# Renseignement Carte Video



## ggkameleon (24 Novembre 2010)

Bjr, j'ai 1 G4 digital audio et ma carte Video est morte ! Voilà j'ai trouvé quelqu'un qui vend une de sont g4 QuickSilver. Je crois que celle que j'avais est une agp vga !? Et celle qui vend est une agp nvidia vga. Est-ce que je peux la mettre sur mon g4 ? 
Merci.


----------



## Invité (24 Novembre 2010)

Agp, c'est le port sur lequel on met la carte. comme Pci mais en mieux
Vga, c'est le type de connecteur à la sortie de la carte, comme Dvi
nvidia, c'est une marque de carte comme Ati


----------



## Clarusad (24 Novembre 2010)

Sur un G4 Digital Audio d'origine, c'est une NVidia GeForce2 MX montée sur un bus AGP.
La première question à te poser est la suivante : à savoir de quelle manière branches-tu ton écran : DVI, VGA ou ADC ?


----------



## ggkameleon (24 Novembre 2010)

Merci.. Du coup va faire l'affaire. Je branche sur ce g4 en vga puis je peux installer soit en pci et donc soit en agp.. Merci encore j'avais juste peur quel ne soit pas ttes compatibles !? Mais devrai le faire..

---------- Nouveau message ajouté à 12h05 ---------- Le message précédent a été envoyé à 11h53 ----------

Merci.. Du coup va faire l'affaire. Je branche sur ce g4 en vga puis je peux installer soit en pci et donc soit en agp.. Merci encore j'avais juste peur quel ne soit pas ttes compatibles !? Mais devrai le faire..


----------



## Invité (24 Novembre 2010)

Non, celle que tu va acheter doit se brancher comme ta carte d'origine sur le port Agp.
A la place de l'ancienne.


----------



## Clarusad (25 Novembre 2010)

Une carte vidéo est au format PCI ou AGP, peu importe à mon avis. Mais attention de ne pas confondre les deux types de ports possibles.

Si elle est PCI, tu devras l'enficher dans un slot PCI (à condition qu'il t'en reste un de libre). Et par conséquent le port AGP deviendra caduque (pas grave, c'est juste qu'il ne sera pas utilisé).

Si elle est AGP, elle va sur le port AGP (et non sur un port PCI) comme celle d'origine.


----------



## ggkameleon (28 Novembre 2010)

Ok merci, je branche on va bien voir.
Yes j'ai pas compris à posté plusieurs fois...
Merci...


----------



## Bebop 4 (24 Décembre 2010)

Salut ggkameleon.
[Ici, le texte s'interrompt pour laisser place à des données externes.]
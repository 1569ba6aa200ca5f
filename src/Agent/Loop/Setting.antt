-- ===== src/Agent/Loop/Setting.antt =====
-- What a run is given, and the early returns of its body.
use ai_platform_mini.Prelude.{ℕ, Bool, Option, List, Text, some, none, codes}
use ai_platform_mini.Agent.Models.{
  RunStatus, StopReason, AgentState, AgentDecision, AgentRunResult, ToolCall,
}
use ai_platform_mini.Agent.Events.{Run, finish}
use ai_platform_mini.Agent.Checks.{
  Outcome, Wait, Awaited, ended, stop, status_for, resolve_deadline,
}
use ai_platform_mini.Agent.Tools.{Route}

pub data Chunk : Type 0 where
  chunk : Text → Chunk
  invalid : Chunk

-- The clocks, the cancel event, the model and the tools. The loop's clock is
-- read when a run starts; it and the cancel event are read at the head of a round (position 0) and before its i-th tool call (position i + 1). A stream
-- is absent if the model cannot stream; it ends behind its last chunk.
pub record World : Type 0 where
  pub clock : ℕ → ℕ
  pub start_time : ℕ
  pub loop_time : ℕ → ℕ → ℕ
  pub cancel_set : ℕ → ℕ → Bool
  pub decide : AgentState → Wait AgentDecision
  pub stream : AgentState → Option (List (Wait Chunk))
  pub route : AgentState → ℕ → ToolCall → Route

pub record Options : Type 0 where
  pub max_steps : ℕ
  pub timeout : Option ℕ
  pub deadline : Option ℕ
  pub token_budget : Option ℕ
  pub stream_answer : Bool
  pub tool_output_max_chars : ℕ

abbrev pub effective_deadline : World → Options → Option ℕ
effective_deadline w o = resolve_deadline w.start_time o.timeout o.deadline

-- `run` returns a result, or an exception of the tool executor escapes from it.
pub data Ended : Type 0 where
  finished : AgentRunResult → Ended
  escaped : Text → Ended

-- The body goes on with a value, or the run has ended.
pub data Flow {ℓ} (A : Type ℓ) : Type ℓ where
  go : A → Flow A
  halt : Ended → Flow A

infixl 5 ◌>>=◌
abbrev pub ◌>>=◌ {ℓ κ} : {A : Type ℓ} {B : Type κ} → Flow A → (A → Flow B) → Flow B
go a >>= f = f a
halt e >>= f = halt e

-- `AGENT_QUOTA_FAILURE`
abbrev pub quota_failure : Text
quota_failure = codes "quota_exceeded"

module _ (clock : ℕ → ℕ) (r : Run) where
  -- The `return self._finish(...)` of a run that has no answer.
  unfoldable pub stop_run : RunStatus → StopReason → Option Text → Ended
  stop_run status reason error = finished (finish clock r status reason none error)

  unfoldable pub stop_for : StopReason → Ended
  unfolding stop_run
  stop_for reason = stop_run (status_for reason) reason none

  unfoldable pub quota_failed : Ended
  unfolding stop_run
  quota_failed = stop_run RunStatus.failed StopReason.model_error (some quota_failure)

  -- `except asyncio.CancelledError`
  unfoldable pub on_cancelled : Bool → Ended
  unfolding stop_run quota_failed
  on_cancelled Bool.true = quota_failed
  on_cancelled Bool.false = stop_run RunStatus.cancelled StopReason.external_cancelled none

  unfoldable pub on_error : Text → Ended
  unfolding stop_run
  on_error e = stop_run RunStatus.failed StopReason.model_error (some e)

  -- The value of an awaited call of the model, or the end of the run.
  unfoldable pub value_or_end {ℓ} : {A : Type ℓ} → Awaited A → Flow A
  unfolding stop_for quota_failed on_cancelled on_error
  value_or_end (stop reason) = halt (stop_for reason)
  value_or_end (ended (Outcome.returned a)) = go a
  value_or_end (ended (Outcome.cancelled quota)) = halt (on_cancelled quota)
  value_or_end (ended Outcome.quota_exceeded) = halt quota_failed
  value_or_end (ended (Outcome.failed e)) = halt (on_error e)

  -- `if stop_reason is not None: return self._finish(...)`
  abbrev pub unless_stopped {ℓ} : {A : Type ℓ} → Option StopReason → Flow A → Flow A
  unless_stopped (some reason) m = halt (stop_for reason)
  unless_stopped none m = m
Récemment j'ai fait l'acquisition d'une nouvelle carte vidéo pour mon G4 digital audio. C'est une nVidia GeForce 4 Mx AGP avec 64 Mo de mémoire vidéo. Le marchand m'a dit qu'il l'avait prise dans un QuickSilver. Je l'ai l'ai installée à la place de l'ancienne, et ça gaze impec. Veux-tu nous dire si ça a marché pour toi ?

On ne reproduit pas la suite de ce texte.